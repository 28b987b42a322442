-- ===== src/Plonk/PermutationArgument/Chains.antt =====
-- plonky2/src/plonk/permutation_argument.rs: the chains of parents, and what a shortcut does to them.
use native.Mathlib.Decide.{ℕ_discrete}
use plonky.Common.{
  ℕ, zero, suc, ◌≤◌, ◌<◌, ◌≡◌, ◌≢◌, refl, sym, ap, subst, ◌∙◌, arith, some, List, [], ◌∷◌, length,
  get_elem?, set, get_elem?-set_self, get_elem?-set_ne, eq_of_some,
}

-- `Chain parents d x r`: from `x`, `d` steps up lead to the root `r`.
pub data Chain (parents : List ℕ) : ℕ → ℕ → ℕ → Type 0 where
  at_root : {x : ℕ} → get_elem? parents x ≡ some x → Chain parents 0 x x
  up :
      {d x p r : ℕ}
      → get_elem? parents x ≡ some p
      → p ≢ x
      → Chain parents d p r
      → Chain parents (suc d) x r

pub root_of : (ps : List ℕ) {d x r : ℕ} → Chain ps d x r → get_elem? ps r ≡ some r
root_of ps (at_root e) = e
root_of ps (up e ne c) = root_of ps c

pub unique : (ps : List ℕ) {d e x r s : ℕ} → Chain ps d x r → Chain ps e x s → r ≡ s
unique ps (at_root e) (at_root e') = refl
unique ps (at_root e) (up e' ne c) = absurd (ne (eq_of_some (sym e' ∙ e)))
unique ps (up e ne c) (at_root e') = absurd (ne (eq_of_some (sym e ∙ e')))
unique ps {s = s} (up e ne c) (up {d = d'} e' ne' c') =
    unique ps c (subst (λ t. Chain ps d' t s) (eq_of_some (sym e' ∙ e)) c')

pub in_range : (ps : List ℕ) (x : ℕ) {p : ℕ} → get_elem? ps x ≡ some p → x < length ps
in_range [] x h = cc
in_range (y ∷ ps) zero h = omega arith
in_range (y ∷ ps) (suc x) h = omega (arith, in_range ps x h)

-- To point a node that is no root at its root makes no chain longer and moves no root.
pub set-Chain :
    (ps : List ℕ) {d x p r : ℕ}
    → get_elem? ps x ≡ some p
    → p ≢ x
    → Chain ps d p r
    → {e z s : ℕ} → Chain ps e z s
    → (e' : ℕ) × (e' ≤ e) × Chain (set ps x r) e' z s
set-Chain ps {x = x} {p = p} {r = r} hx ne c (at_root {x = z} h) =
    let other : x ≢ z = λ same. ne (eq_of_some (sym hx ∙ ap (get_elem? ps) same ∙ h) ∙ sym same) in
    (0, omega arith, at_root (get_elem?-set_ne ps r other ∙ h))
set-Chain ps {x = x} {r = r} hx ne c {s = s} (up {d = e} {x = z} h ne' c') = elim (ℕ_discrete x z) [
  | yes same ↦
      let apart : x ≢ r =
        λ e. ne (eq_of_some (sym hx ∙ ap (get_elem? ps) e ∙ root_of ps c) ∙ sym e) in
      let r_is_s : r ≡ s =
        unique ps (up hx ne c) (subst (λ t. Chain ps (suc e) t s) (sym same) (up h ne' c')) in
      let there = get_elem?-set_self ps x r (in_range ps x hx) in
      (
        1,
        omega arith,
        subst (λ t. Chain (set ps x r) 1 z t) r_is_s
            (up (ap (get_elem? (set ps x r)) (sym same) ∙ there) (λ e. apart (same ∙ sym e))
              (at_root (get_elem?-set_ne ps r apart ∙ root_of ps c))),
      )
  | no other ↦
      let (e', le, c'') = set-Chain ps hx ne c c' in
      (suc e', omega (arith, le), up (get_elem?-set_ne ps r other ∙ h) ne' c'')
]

=== Instructions to follow ===
Would you filter the records and copy each line that contains the word "arith"?

=== Answer for the task ===
  ℕ, zero, suc, ◌≤◌, ◌<◌, ◌≡◌, ◌≢◌, refl, sym, ap, subst, ◌∙◌, arith, some, List, [], ◌∷◌, length,
in_range (y ∷ ps) zero h = omega arith
in_range (y ∷ ps) (suc x) h = omega (arith, in_range ps x h)
    (0, omega arith, at_root (get_elem?-set_ne ps r other ∙ h))
        omega arith,
      (suc e', omega (arith, le), up (get_elem?-set_ne ps r other ∙ h) ne' c'')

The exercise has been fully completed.